El Rey Bestia era implacable, sus artes marciales eran una exhibición de fuerza pura y desenfrenada. Cada golpe era un impacto atronador, cada movimiento una danza de poder. Pero Aria no iba a ser superada.
Su cuerpo se movía con precisión, su magia guiada por una voluntad de hierro. Sentía una fuerza interior, una resistencia que nunca había conocido antes. Atacó al Rey Bestia, su espada cortando el aire, su magia tejiendo un tapiz de relámpagos.

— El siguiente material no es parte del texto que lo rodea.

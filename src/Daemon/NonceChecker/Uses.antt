-- ===== src/Daemon/NonceChecker/Uses.antt =====
-- The uses of nonces over all accounts (xelis_daemon/src/core/nonce_checker.rs).
use blockchain_xelis.Prelude.{
  ℕ, ◌+◌, ◌<◌, ◌≡◌, ◌≢◌, refl, sym, ◌∙◌, ap, ◌==◌, if◌then◌else◌, true, false, Option, none, some,
  arith, u64_mod, Result, ok, Eq, beq_refl, beq_ne, Bool-cases, ◌⊎◌, inl, inr,
}
use blockchain_xelis.Account.Nonce.{VersionedNonce}
use blockchain_xelis.Daemon.NonceChecker.{
  NonceChecker, AccountEntry, new_entry, insert_nonce_at_topoheight, use_nonce, undo_nonce,
  insert_entry, get_new_nonce,
}
use blockchain_xelis.Daemon.NonceChecker.Entry.{
  IsConsistent, insert_nonce_at_topoheight_lem, undo_entry-insert,
}

module _ {K : Type 0} ⦃eq : Eq K⦄ where
  -- Every entry is consistent.
  abbrev pub IsValid : NonceChecker K → Type 0
  IsValid checker =
      (key : K) (entry : AccountEntry) → checker.cache key ≡ some entry → IsConsistent entry

  -- No entry has come to the largest nonces.
  abbrev pub HasRoom : NonceChecker K → Type 0
  HasRoom checker =
      (key : K) (entry : AccountEntry)
      → checker.cache key ≡ some entry
      → entry.expected_nonce + 1 < u64_mod

  cache-insert_self :
      (checker : NonceChecker K) (key : K) (entry : AccountEntry)
      → (insert_entry checker key entry).cache key ≡ some entry
  cache-insert_self checker key entry = rw (beq_refl key) refl

  cache-insert_other :
      (checker : NonceChecker K) (key other : K) (entry : AccountEntry)
      → other ≢ key
      → (insert_entry checker key entry).cache other ≡ checker.cache other
  cache-insert_other checker key other entry h = rw (beq_ne other key h) refl

  insert_entry-IsValid :
      (checker : NonceChecker K) (key : K) (entry : AccountEntry)
      → IsValid checker
      → IsConsistent entry
      → IsValid (insert_entry checker key entry)
  insert_entry-IsValid checker key entry valid consistent other found e =
      elim (Bool-cases (eq.beq other key)) [
        | inl same ↦ let here : found ≡ entry = ground (arith, e, same) in rw (here) consistent
        | inr different ↦
            let before : checker.cache other ≡ some found = ground (arith, e, different) in
            valid other found before
      ]

module _ {K E : Type 0} ⦃eq : Eq K⦄
    (get_nonce : K → ℕ → Result E (Option (ℕ × VersionedNonce))) where
  -- The entry that a use at this key works on: the cached one, or a new one from the stored nonce.
  abbrev pub IsEntryOf : NonceChecker K → K → ℕ → AccountEntry → Type 0
  IsEntryOf checker key topoheight entry =
      (checker.cache key ≡ some entry)
      ⊎ ((checker.cache key ≡ none)
          × ((found : ℕ × VersionedNonce) × (get_nonce key topoheight ≡ ok (some found))
              × (entry ≡ new_entry found.1.nonce)))

  use_nonce-entry :
      (checker : NonceChecker K) (key : K) (nonce topoheight : ℕ) (entry : AccountEntry)
      → IsEntryOf checker key topoheight entry
      → use_nonce get_nonce checker key nonce topoheight ≡ (
        insert_entry checker key (insert_nonce_at_topoheight entry nonce topoheight).0,
        ok (insert_nonce_at_topoheight entry nonce topoheight).1,
      )
  unfolding use_nonce
  use_nonce-entry checker key nonce topoheight entry (inl cached) = rw (use_nonce, cached) refl
  use_nonce-entry checker key nonce topoheight entry (inr (absent, (found, stored, e))) =
      rw (use_nonce, absent, stored, e) refl

  -- A use of a nonce, the entry it works on being consistent and short of the largest nonces: it is
  -- accepted exactly if the nonce is the one expected, and the next nonce of the account is then one more,
  -- or as before when it is refused.
  pub use_nonce_lem :
      (checker : NonceChecker K) (key : K) (nonce topoheight : ℕ) (entry : AccountEntry)
      → IsEntryOf checker key topoheight entry
      → IsConsistent entry
      → entry.expected_nonce + 1 < u64_mod
      → ((use_nonce get_nonce checker key nonce topoheight).1 ≡ ok (nonce == entry.expected_nonce))
        × (get_new_nonce {E = E} (use_nonce get_nonce checker key nonce topoheight).0 key
            ≡ ok (if nonce == entry.expected_nonce then nonce + 1 else entry.expected_nonce))
  unfolding get_new_nonce
  use_nonce_lem checker key nonce topoheight entry of consistent room =
      let facts = insert_nonce_at_topoheight_lem entry nonce topoheight consistent room in
      let inserted = insert_nonce_at_topoheight entry nonce topoheight in
      let accepted : inserted.1 ≡ (nonce == entry.expected_nonce) = ground (arith, facts.0) in
      rw
        (
          use_nonce-entry checker key nonce topoheight entry of,
          accepted,
          get_new_nonce,
          beq_refl key,
        )
        (refl, ap (λ (n : ℕ). ok n) facts.2)

  -- A use, accepted or not, keeps the entries consistent, if they were and the entry it works on is consistent and
  -- short of the largest nonces.
  pub use_nonce-IsValid :
      (checker : NonceChecker K) (key : K) (nonce topoheight : ℕ) (entry : AccountEntry)
      → IsEntryOf checker key topoheight entry
      → IsValid checker
      → IsConsistent entry
      → entry.expected_nonce + 1 < u64_mod
      → IsValid (use_nonce get_nonce checker key nonce topoheight).0
  use_nonce-IsValid checker key nonce topoheight entry of valid consistent room =
      let facts = insert_nonce_at_topoheight_lem entry nonce topoheight consistent room in
      rw (use_nonce-entry checker key nonce topoheight entry of)
        (insert_entry-IsValid checker key _ valid facts.1)

  -- A nonce that was accepted for an account, on a consistent entry short of the largest nonces, is refused the
  -- next time it is used, at any topoheight.
  pub use_nonce-twice :
      (checker : NonceChecker K) (key : K) (nonce first second : ℕ) (entry : AccountEntry)
      → IsEntryOf checker key first entry
      → IsConsistent entry
      → entry.expected_nonce + 2 < u64_mod
      → (use_nonce get_nonce checker key nonce first).1 ≡ ok true
      → (use_nonce get_nonce (use_nonce get_nonce checker key nonce first).0 key nonce second).1
        ≡ ok false
  use_nonce-twice checker key nonce first second entry of consistent room accepted =
      let outcome = use_nonce_lem checker key nonce first entry of consistent (omega arith) in
      let facts = insert_nonce_at_topoheight_lem entry nonce first consistent (omega arith) in
      let same : nonce == entry.expected_nonce ≡ true = ground (arith, sym outcome.0 ∙ accepted) in
      let after = (insert_nonce_at_topoheight entry nonce first).0 in
      let expected : after.expected_nonce ≡ nonce + 1 = ground (arith, facts.2, same) in
      let checker' = (use_nonce get_nonce checker key nonce first).0 in
      let cached : checker'.cache key ≡ some after =
        rw (use_nonce-entry checker key nonce first entry of)
          (cache-insert_self checker key after) in
      let e : nonce ≡ entry.expected_nonce = ground (arith, same) in
      let again =
        use_nonce_lem checker' key nonce second after (inl cached) facts.1 (omega arith) in
      let different : nonce == after.expected_nonce ≡ false = ground (arith, expected) in
      again.0 ∙ ap ok different

  -- Undoing an accepted use of a cached account, on a consistent entry short of the largest nonces, restores what is cached for every account.
  pub undo_nonce-use_nonce :
      (checker : NonceChecker K) (key other : K) (topoheight : ℕ) (entry : AccountEntry)
      → checker.cache key ≡ some entry
      → IsConsistent entry
      → entry.expected_nonce + 1 < u64_mod
      → (undo_nonce
            (use_nonce get_nonce checker key entry.expected_nonce topoheight).0
            key
            entry.expected_nonce).cache
          other
        ≡ checker.cache other
  unfolding undo_nonce
  undo_nonce-use_nonce checker key other topoheight entry cached consistent room =
      let used = insert_nonce_at_topoheight entry entry.expected_nonce topoheight in
      let restored = undo_entry-insert entry topoheight consistent room in
      elim (Bool-cases (eq.beq other key)) [
        | inl same ↦
            rw
              (
                use_nonce-entry checker key entry.expected_nonce topoheight entry (inl cached),
                undo_nonce,
                beq_refl key,
                restored,
                same,
                (eq.beq_iff other key).0 same,
                cached,
              )
              refl
        | inr different ↦
            rw
              (
                use_nonce-entry checker key entry.expected_nonce topoheight entry (inl cached),
                undo_nonce,
                beq_refl key,
                different,
              )
              (rw
                (
                  use_nonce-entry checker key entry.expected_nonce topoheight entry (inl cached),
                  different,
                )
                refl)
      ]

Él era rápido, increíblemente rápido, y su fuerza era abrumadora. Pero Aria era más rápida, su cuerpo se movía con una gracia que desafiaba la norma. Sabía que no podría haberlo vencido en el pasado, pero ahora todo era diferente. Ahora era más.

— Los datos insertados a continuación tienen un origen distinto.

-- ===== src/Daemon/Rewards/Emission.antt =====
-- The emission curve and the shares of side blocks (xelis_daemon/src/core/blockchain.rs).
use blockchain_xelis.Prelude.{
  ℕ, zero, suc, ◌+◌, ◌-◌, ◌*◌, ◌/◌, ◌^◌, ◌≤◌, ◌<◌, ◌≡◌, refl, true, false, ltb, if◌then◌else◌, ◌==◌,
  arith, u64_mod,
}
use blockchain_xelis.Daemon.Rewards.{
  get_block_reward, side_block_reward_percentage, internal_get_block_reward, maximum_supply,
  block_time_millis, emission_speed_factor, get_block_dev_fee,
}

-- From a supply within the maximum, the supply with the block's reward is within it too, and there is
-- no reward exactly when less than 12 * 2 ^ 20 atomic units are left.
pub get_block_reward_bounds :
    (supply : ℕ)
    → supply ≤ maximum_supply
    → (supply + get_block_reward supply ≤ maximum_supply)
      × (get_block_reward supply ≡ 0 → maximum_supply - supply < 12 * 2 ^ 20)
      × (maximum_supply - supply < 12 * 2 ^ 20 → get_block_reward supply ≡ 0)
unfolding get_block_reward
get_block_reward_bounds supply h = (ground arith, (λ z. ground arith), (λ l. ground arith))

-- The reward never grows with the supply.
get_block_reward_antitone : (a b : ℕ) → a ≤ b → get_block_reward b ≤ get_block_reward a
unfolding get_block_reward
get_block_reward_antitone a b h = ground arith

-- The cases of the percentage: full, halved, quartered, and the minimum from the third block on.
pub side_block_reward_percentage_lem :
    (n : ℕ)
    → side_block_reward_percentage n
      ≡ (if n == 0 then 30 else (if n == 1 then 15 else (if n == 2 then 7 else 5)))
unfolding side_block_reward_percentage
side_block_reward_percentage_lem zero = refl
side_block_reward_percentage_lem (suc zero) = refl
side_block_reward_percentage_lem (suc (suc zero)) = refl
side_block_reward_percentage_lem (suc (suc (suc n))) = ground arith

-- More side blocks at a height never earn more, and a share lies between 5% and 30%.
side_block_reward_percentage_bounds :
    (n m : ℕ)
    → n ≤ m
    → (side_block_reward_percentage m ≤ side_block_reward_percentage n)
      × (5 ≤ side_block_reward_percentage m)
      × (side_block_reward_percentage n ≤ 30)
side_block_reward_percentage_bounds n m h =
    ground (arith, side_block_reward_percentage_lem n, side_block_reward_percentage_lem m)

get_block_reward_small : (supply : ℕ) → get_block_reward supply < 2 ^ 50
unfolding get_block_reward
get_block_reward_small supply = ground arith

-- A side block never earns more than 30% of what the same block earns on the main chain, and the
-- products of the computation stay below 2 ^ 64.
internal_get_block_reward_bounds :
    (past_supply side_blocks : ℕ)
    → (100 * internal_get_block_reward past_supply true side_blocks
        ≤ 30 * internal_get_block_reward past_supply false side_blocks)
      × ((maximum_supply - past_supply) / 2 ^ emission_speed_factor * block_time_millis < u64_mod)
      × (get_block_reward past_supply * side_block_reward_percentage side_blocks < u64_mod)
unfolding internal_get_block_reward
internal_get_block_reward_bounds past_supply side_blocks =
    let reward = get_block_reward past_supply in
    let percentage = side_block_reward_percentage side_blocks in
    let product : reward * percentage ≤ reward * 30 =
      grind (arith, side_block_reward_percentage_bounds side_blocks side_blocks (omega arith)) in
    let bound : reward < 2 ^ 50 = get_block_reward_small past_supply in
    (omega arith, omega arith, omega arith)

-- The developers' share is 10% below height 3 250 000 and 5% from there on.
pub get_block_dev_fee_lem :
    (height : ℕ) → get_block_dev_fee height ≡ (if ltb height 3_250_000 then 10 else 5)
unfolding get_block_dev_fee
get_block_dev_fee_lem height = ground arith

«BOOOOOOOOOOOOOMMMMMMMM». El Rey Bestia rugió, sus ataques eran una ráfaga de fuerza, pero Aria lo enfrentó de frente. Su espada cortó sus defensas, su magia era una tormenta de destrucción.
La batalla era feroz, un choque de titanes que sacudía la misma tierra. El corazón de Aria latía con fuerza en su pecho, su mente centrada en la lucha. Sabía que no podía flaquear, no podía vacilar ni un segundo.

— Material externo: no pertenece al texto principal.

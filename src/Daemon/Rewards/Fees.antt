-- ===== src/Daemon/Rewards/Fees.antt =====
-- The fee of a transaction: `calculate_tx_fee` of xelis_common/src/utils.rs.
use blockchain_xelis.Prelude.{ℕ, ◌+◌, ◌*◌, ◌≤◌, ◌<◌, ◌≡◌, arith, u64_mod}
use blockchain_xelis.Daemon.Rewards.{
  calculate_tx_fee, fee_per_kb, fee_per_transfer, fee_per_account_creation,
}

-- The size is charged by the kilobyte, rounded up: the number of kilobytes `kb` is the only one with
-- 1024 * kb between the size and the size + 1023. The fee is the exact one where that is below 2 ^ 64.
calculate_tx_fee_lem :
    (tx_size outputs new_addresses multisig kb : ℕ)
    → tx_size ≤ 1024 * kb
    → 1024 * kb < tx_size + 1024
    → kb * fee_per_kb
        + (outputs + multisig) * fee_per_transfer
        + new_addresses * fee_per_account_creation
      < u64_mod
    → calculate_tx_fee tx_size outputs new_addresses multisig
      ≡ kb * fee_per_kb
        + (outputs + multisig) * fee_per_transfer
        + new_addresses * fee_per_account_creation
unfolding calculate_tx_fee
calculate_tx_fee_lem tx_size outputs new_addresses multisig kb h k small = ground arith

El Rey Bestia era un enemigo formidable, pero ella era una guerrera, una espadachina mágica, y no sería derrotada. Presionó su ataque, su cuerpo era un torbellino de movimientos, su magia de rayos una sinfonía de destrucción. El Rey Bestia la igualó, su propio poder era un testimonio de su habilidad.
Pero Aria sentía un fuego dentro de ella, una determinación que no sería apagada. Lo atacó, su espada era una cuchilla de rayos, su magia un torrente de energía. El Rey Bestia rugió, su cuerpo era un arma de destrucción, pero Aria no sería negada. Era más de lo que había sido nunca, más fuerte, más rápida y más capaz. Y sabía que ganaría.
Con un grito, lanzó un ataque final, su magia era una tormenta de rayos, su cuerpo la encarnación de la precisión. El Rey Bestia enfrentó su ataque, su propio poder era una fuerza a tener en cuenta, pero la voluntad de Aria era inquebrantable.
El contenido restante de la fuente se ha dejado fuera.